Notice the angled compositions, particularly in the fourth image. I’ve started to think of that as the “Recraft” angle.



Imagen 3
Imagen once again gave me only three results during this run, suggesting something about the fourth violated terms of service. Interesting the subjects we are generating when that happens.
We have some significant variety in terms of race and facial type here, but almost as many consistencies as well. Two of the three have more or less identical hair-styles, almost down to the individual waves, despite the difference in colour, and the third is similar just shorter and more wavey. All of them look very much like posed studio photos, all in the same pose and with very similar coloured backgrounds. This feels like training was directed towards a specific sort of diversity and not as much attention paid to other elements, leaving Imagen with a particularly narrow set of preferences.


Flux.1 D
Flux doesn’t have the best reputation for face diversity however has at least made a token effort with this prompt. There are a lot of similarities in the faces, but not quite as egregious as the SDXL models or Recraft. It has decided on underwear as the clothing of choice on one variant but this is offset a little by the first image which has chosen quite a nice full length jacket and turtle-neck combination, a unique aesthetic in this run so far as the other models have generally preferred more traditional “glamour” clothing.
In fact despite the fairly lacklustre variety on display, that first image is likely my favorite of this entire prompt test. It’s hardly a candid shot, still overly glamourised and “magazine” ready, but there is also a sense of reality to it that is lacking in many of the others.
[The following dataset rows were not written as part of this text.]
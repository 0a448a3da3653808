-- ===== src/Io/FeedGenerator/Chosen.antt =====
-- What each kind of message does to a well-formed feed.
use low_latency_market_data.Common.{
  ℕ, zero, suc, ◌+◌, ◌^◌, ◌≡◌, ◌≤◌, ◌<◌, refl, ap, ◌∙◌, List, [], ◌∷◌, ◌++◌, Bool, ◌==◌, inl, inr,
  Bool-cases, length, set, length-set, length-replicate, All, All-set, All-snoc, All-replicate,
  All-weaken, ==_iff, ◌⊎◌, if◌then◌else◌, arith,
}
use low_latency_market_data.Common.Words.{add64, IsU64}
use low_latency_market_data.Common.Maps
use low_latency_market_data.Common.Maps.{nat_eq, lookup-assign}
use low_latency_market_data.Protocol.Messages.{Symbol, IsSymbol, DecodedMessage, IsMessage}
use low_latency_market_data.Io.ProcessShard.{seq_num}
use low_latency_market_data.Io.FeedGenerator.{
  FeedGenerator, Draws, Config, new_feed, erase_at, last_seq, add_order, cancel_order,
  execute_order, replace_order, act_on,
}

-- The standard's promise on uniform_int_distribution: what is drawn is below the size.
pub record IsDraw {D : Type 0} (d : Draws D) : Type 0 where
  pub symbol : (n : ℕ) → 0 < n → d.symbol_pick n < n
  pub order : (n : ℕ) → 0 < n → d.order_pick n < n

-- A feed after `n` messages: one list of resting orders for each symbol, with ids that it has given out.
pub record IsFeed {D : Type 0} (n : ℕ) (f : FeedGenerator D) : Type 0 where
  pub symbols : All IsSymbol f.config.symbols
  pub some_symbol : 0 < length f.config.symbols
  pub some_shard : 0 < f.config.num_shards
  pub table : length f.resting_orders_per_symbol ≡ length f.config.symbols
  pub given_out : All (All (λ id. id < f.next_order_id)) f.resting_orders_per_symbol
  pub id_bound : f.next_order_id ≤ n + 1
  pub seq_bound : (k : ℕ) → last_seq k f ≤ n

abbrev pub Below : ℕ → List ℕ → Type 0
Below b ids = All (λ id. id < b) ids

erase_at-Below : (b : ℕ) (ids : List ℕ) (i : ℕ) → Below b ids → Below b (erase_at ids i)
erase_at-Below b [] i all = tt
erase_at-Below b (x ∷ xs) zero (p, all) = all
erase_at-Below b (x ∷ xs) (suc i) (p, all) = (p, erase_at-Below b xs i all)

Below-more : (b : ℕ) (ids : List ℕ) → Below b ids → Below (b + 1) ids
Below-more b ids all = All-weaken (λ id. id < b) (λ id. id < b + 1) ids (λ id lt. omega arith) all

module _ {D : Type 0} where
  -- A new feed has sent nothing.
  pub new_feed-IsFeed :
      (config : Config D)
      → All IsSymbol config.symbols
      → 0 < length config.symbols
      → 0 < config.num_shards
      → IsFeed 0 (new_feed config)
  unfolding Maps.lookup
  new_feed-IsFeed config valid some_symbol some_shard = record {
    symbols = valid;
    some_symbol = some_symbol;
    some_shard = some_shard;
    table = length-replicate (length config.symbols) [];
    given_out = All-replicate (Below 1) (length config.symbols) [] tt;
    id_bound = omega arith;
    seq_bound = λ k. omega arith;
  }

  -- What a message for a shard does to the feed.
  pub record Chosen (n shard : ℕ) (f : FeedGenerator D) (m : DecodedMessage) (f' : FeedGenerator D)
      : Type 0 where
    pub valid : IsMessage m
    pub well : IsFeed (n + 1) f'
    pub config : f'.config ≡ f.config
    pub emitted_count : f'.emitted_count ≡ f.emitted_count
    pub total_dropped : f'.total_dropped ≡ f.total_dropped
    pub seq : seq_num m ≡ last_seq shard f + 1
    pub seqs : (k : ℕ) → last_seq k f' ≡ (if shard == k then last_seq k f + 1 else last_seq k f)

  module _ (n shard : ℕ) (f : FeedGenerator D) (well : IsFeed n f) (fits : n + 2 < 2 ^ 64) where
    seq_next : add64 (last_seq shard f) 1 ≡ last_seq shard f + 1
    seq_next = let b = well.seq_bound shard in omega arith

    abbrev pub counted : FeedGenerator D
    counted = record f {
      next_seq_per_shard = Maps.assign shard (add64 (last_seq shard f) 1) f.next_seq_per_shard;
    }

    counted_seq :
        (k : ℕ) → last_seq k counted ≡ (if shard == k then last_seq k f + 1 else last_seq k f)
    counted_seq k =
        rw (lookup-assign k shard (add64 (last_seq shard f) 1) f.next_seq_per_shard)
          (elim (Bool-cases (shard == k)) [
            | inl hit ↦
                let same = (==_iff shard k).0 hit in
                rw hit (seq_next ∙ ap (λ j. last_seq j f + 1) same)
            | inr miss ↦ rw miss refl
          ])

    counted_bound : (k : ℕ) → last_seq k counted ≤ n + 1
    counted_bound k = let b = well.seq_bound k in ground (arith, counted_seq k)

    -- The feed with other resting orders of one symbol.
    outcome :
        (m : DecodedMessage) (next_id idx : ℕ) (resting : List ℕ)
        → IsMessage m
        → seq_num m ≡ add64 (last_seq shard f) 1
        → (next_id ≡ f.next_order_id) ⊎ (next_id ≡ f.next_order_id + 1)
        → Below next_id resting
        → Chosen n shard f m (record counted {
          next_order_id = next_id;
          resting_orders_per_symbol = set f.resting_orders_per_symbol idx resting;
        })
    outcome m next_id idx resting valid seq id_step below = record {
      valid = valid;
      well = record {
        symbols = well.symbols;
        some_symbol = well.some_symbol;
        some_shard = well.some_shard;
        table = length-set f.resting_orders_per_symbol idx resting ∙ well.table;
        given_out =
            All-set (Below next_id) f.resting_orders_per_symbol idx resting
              (All-weaken (Below f.next_order_id) (Below next_id) f.resting_orders_per_symbol
                (λ ids all.
                  All-weaken (λ id. id < f.next_order_id) (λ id. id < next_id) ids
                    (λ id lt. omega arith) all)
                well.given_out)
              below;
        id_bound = let b = well.id_bound in omega arith;
        seq_bound = counted_bound;
      };
      config = refl;
      emitted_count = refl;
      total_dropped = refl;
      seq = seq ∙ seq_next;
      seqs = counted_seq;
    }

    seq_fits : IsU64 (add64 (last_seq shard f) 1)
    seq_fits = omega arith

    id_fits : IsU64 f.next_order_id
    id_fits = let b = well.id_bound in omega arith

    id_next : add64 f.next_order_id 1 ≡ f.next_order_id + 1
    id_next = let b = well.id_bound in omega arith

    still-Below : (ids : List ℕ) → Below f.next_order_id ids → Below (add64 f.next_order_id 1) ids
    still-Below ids all =
        All-weaken (λ id. id < f.next_order_id) (λ id. id < add64 f.next_order_id 1) ids
          (λ id lt. omega (arith, id_next)) all

    pub add_order-Chosen :
        (symbol : Symbol) (idx : ℕ) (resting : List ℕ)
        → IsSymbol symbol
        → Below f.next_order_id resting
        → let (m, f') = add_order symbol (add64 (last_seq shard f) 1) idx resting counted in
          Chosen n shard f m f'
    add_order-Chosen symbol idx resting valid below =
        outcome _ (add64 f.next_order_id 1) idx (resting ++ f.next_order_id ∷ [])
          (record {
            seq_num = seq_fits;
            order_id = id_fits;
            symbol = valid;
            side = ground arith;
            price = omega arith;
            quantity = omega arith;
            timestamp = seq_fits;
          })
          refl (inr id_next)
          (All-snoc (λ id. id < add64 f.next_order_id 1) resting f.next_order_id
            (still-Below resting below) (omega (arith, id_next)))

    cancel_order-Chosen :
        (id at idx : ℕ) (resting : List ℕ)
        → id < f.next_order_id
        → Below f.next_order_id resting
        → let (m, f') = cancel_order (add64 (last_seq shard f) 1) id at idx resting counted in
          Chosen n shard f m f'
    cancel_order-Chosen id at idx resting known below =
        outcome _ f.next_order_id idx (erase_at resting at)
          (record { seq_num = seq_fits; order_id = omega (arith, id_fits); timestamp = seq_fits })
          refl (inl refl) (erase_at-Below f.next_order_id resting at below)

    execute_order-Chosen :
        (id : ℕ)
        → id < f.next_order_id
        → let (m, f') = execute_order (add64 (last_seq shard f) 1) id counted in
          Chosen n shard f m f'
    execute_order-Chosen id known = record {
      valid = record {
        seq_num = seq_fits;
        order_id = omega (arith, id_fits);
        executed_quantity = omega arith;
        timestamp = seq_fits;
      };
      well = record {
        symbols = well.symbols;
        some_symbol = well.some_symbol;
        some_shard = well.some_shard;
        table = well.table;
        given_out = well.given_out;
        id_bound = let b = well.id_bound in omega arith;
        seq_bound = counted_bound;
      };
      config = refl;
      emitted_count = refl;
      total_dropped = refl;
      seq = seq_next;
      seqs = counted_seq;
    }

    replace_order-Chosen :
        (id at idx : ℕ) (resting : List ℕ)
        → id < f.next_order_id
        → Below f.next_order_id resting
        → let (m, f') = replace_order (add64 (last_seq shard f) 1) id at idx resting counted in
          Chosen n shard f m f'
    replace_order-Chosen id at idx resting known below =
        outcome _ (add64 f.next_order_id 1) idx (set resting at f.next_order_id)
          (record {
            seq_num = seq_fits;
            old_order_id = omega (arith, id_fits);
            new_order_id = id_fits;
            price = omega arith;
            quantity = omega arith;
            timestamp = seq_fits;
          })
          refl (inr id_next)
          (All-set (λ id. id < add64 f.next_order_id 1) resting at f.next_order_id
            (still-Below resting below) (omega (arith, id_next)))

    pub act_on-Chosen :
        (ltd : D → D → Bool) (percent : ℕ → D) (roll : D) (id at idx : ℕ) (resting : List ℕ)
        → id < f.next_order_id
        → Below f.next_order_id resting
        → let (m, f') =
            act_on ltd percent roll (add64 (last_seq shard f) 1) id at idx resting counted in
          Chosen n shard f m f'
    act_on-Chosen ltd percent roll id at idx resting known below =
        elim (Bool-cases (ltd roll (percent 65))) [
          | inl c ↦ rw c (cancel_order-Chosen id at idx resting known below)
          | inr on ↦ elim (Bool-cases (ltd roll (percent 85))) [
            | inl x ↦ rw (on, x) (execute_order-Chosen id known)
            | inr r ↦ rw (on, r) (replace_order-Chosen id at idx resting known below)
          ]
        ]
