-- ===== src/Io/FeedGenerator/NextMessage.antt =====
-- The next message of the feed.
use low_latency_market_data.Common.{
  ℕ, ◌+◌, ◌^◌, ◌≡◌, ◌<◌, refl, List, [], ◌∷◌, Option, none, some, Bool, false, ◌||◌, inl, inr,
  Bool-cases, length, get_elem?, All-get, arith,
}
use low_latency_market_data.Protocol.Messages.{Symbol, IsSymbol, DecodedMessage}
use low_latency_market_data.Io.ShardDemux.{shard_for_symbol, checked_shard}
use low_latency_market_data.Common.{get_elem?-below}
use low_latency_market_data.Io.FeedGenerator.{
  FeedGenerator, Draws, is_empty, symbol_idx, choose, next_message,
}
use low_latency_market_data.Io.FeedGenerator.Chosen.{
  IsDraw, IsFeed, Below, Chosen, add_order-Chosen, act_on-Chosen,
}

abbrev pub drawn_shard : Option Symbol → ℕ → ℕ
drawn_shard none num_shards = 0
drawn_shard (some symbol) num_shards = shard_for_symbol symbol num_shards

checked_shard_lem :
    (symbol : Symbol) (n : ℕ) → 0 < n → checked_shard symbol n ≡ some (shard_for_symbol symbol n)
unfolding checked_shard
checked_shard_lem symbol n pos = ground arith

module _ {D : Type 0} where
  -- The shard of the symbol that is drawn.
  abbrev pub shard_of : Draws D → FeedGenerator D → ℕ
  shard_of d f = drawn_shard (get_elem? f.config.symbols (symbol_idx d f)) f.config.num_shards

  pub choose-Chosen :
      (ltd : D → D → Bool) (percent : ℕ → D) (n : ℕ) (f : FeedGenerator D) (d : Draws D)
      (symbol : Symbol) (shard idx : ℕ) (resting : List ℕ)
      → IsFeed n f
      → n + 2 < 2 ^ 64
      → IsDraw d
      → IsSymbol symbol
      → Below f.next_order_id resting
      → (m : DecodedMessage) × (f' : FeedGenerator D) × (choose ltd percent d symbol shard idx
            resting f
          ≡ some (m, f'))
        × Chosen n shard f m f'
  unfolding choose
  choose-Chosen ltd percent n f d symbol shard idx resting well fits draw valid below =
      elim (Bool-cases (is_empty resting || ltd d.action_pick (percent 50))) [
        | inl new ↦
            rw new (_, _, refl, add_order-Chosen n shard f well fits symbol idx resting valid below)
        | inr old ↦
            let at_fits : d.order_pick (length resting) < length resting =
              draw.order (length resting) (some_rest resting old) in
            let (id, there) = get_elem?-below resting (d.order_pick (length resting)) at_fits in
            let known = All-get (λ i. i < f.next_order_id) resting _ id below there in
            rw (old, there)
              (
                _,
                _,
                refl,
                act_on-Chosen n shard f well fits ltd percent d.action_pick id _ idx resting known
                    below,
              )
      ]
    where
      some_rest :
          (ids : List ℕ) → (is_empty ids || ltd d.action_pick (percent 50)) ≡ false → 0 < length ids
      some_rest [] e = absurd (cc)
      some_rest (x ∷ xs) e = omega arith

  -- On a well-formed feed that has sent fewer than 2^64 - 2 messages, and draws within their bounds,
  -- the next message is there and is well-formed, its sequence number is the one after the last of
  -- its symbol's shard, no other shard's numbers move, and the feed is well-formed again.
  pub next_message-Chosen :
      (ltd : D → D → Bool) (percent : ℕ → D) (n : ℕ) (f : FeedGenerator D) (d : Draws D)
      → IsFeed n f
      → n + 2 < 2 ^ 64
      → IsDraw d
      → (m : DecodedMessage) × (f' : FeedGenerator D) × (next_message ltd percent d f
          ≡ some (m, f'))
        × Chosen n (shard_of d f) f m f'
  unfolding next_message
  next_message-Chosen ltd percent n f d well fits draw =
      let idx = symbol_idx d f in
      let in_range = draw.symbol (length f.config.symbols) well.some_symbol in
      let table = well.table in
      let (symbol, there) = get_elem?-below f.config.symbols idx in_range in
      let shard = checked_shard_lem symbol f.config.num_shards well.some_shard in
      let (resting, rests) = get_elem?-below f.resting_orders_per_symbol idx (omega arith) in
      let valid = All-get IsSymbol f.config.symbols idx symbol well.symbols there in
      let below =
        All-get (Below f.next_order_id) f.resting_orders_per_symbol idx resting well.given_out
          rests in
      let (m, f', run, chosen) =
        choose-Chosen ltd percent n f d symbol (shard_for_symbol symbol f.config.num_shards) idx
          resting well fits draw valid below in
      rw (there, shard, rests) (m, f', run, chosen)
Pixelwave (Flux.1 D Finetune)
Pixelwave manages to go two ways at once here, both narrowing and broadening the preferences of its base model. On the one hand the faces here are quite similar, even more so than the Flux.1 D base model, suggesting a further narrowing of preferences towards type, on the other hand we have both more variation in pose and a slightly less polished, more candid look than is present in the base model as well.
I can’t help but notice that the third image does appear to be naked however. Or, perhaps, just wearing a strapless top and cropped too high up? Somewhat galling after we just finished praising the base model for choosing better clothing but perhaps this is merely showing the width of the variety the model considers beautiful - from fully clothed to fully unclothed does seem a healthy opinion at least.



Prompt Two
Handsome man
It perhaps shouldn’t have come as a surprise that this prompt, the male equivalent of the previous, should show even worse diversity and variation than the previous one, but the extent to which this is the case is remarkable.
SDXL (Base Model)
SDXL starts us off with extremely strong and set preferences. A handsome man is dark, slightly European and generally short haired though apparently exception can be made for this 80’s perm going on in the first image.
Additionally you must have designer stubble (no clean shaves or full beard) and preferably be one of the four brothers shown below.



Juggernaut XI (SDXL Finetune)
Juggernaut decides to double down on the SDXL preferences but does away with the 80’s perm (what were they thinking). A handsome man has exactly one hairstyle, gelled three-quarter part swept at the front. We’ll keep the stubble however and add in a button-down shirt with the top buttons undone to show off his chest. Also, you have to be this guy or one of his near identical siblings.



Dreamshaper XL (SDXL Finetune)
Naturally, Dreamshaper has to get in on the act as well in this beauty-defining game of “yes-and” and says “hold my beer”. We’ll keep the short three-quarter part hair, strong jaw and stubble, but the plunging V-line of the shirt was a mistake. A handsome man wears a suit, and is this guy. No siblings this time because that is absolutely four images of the same man.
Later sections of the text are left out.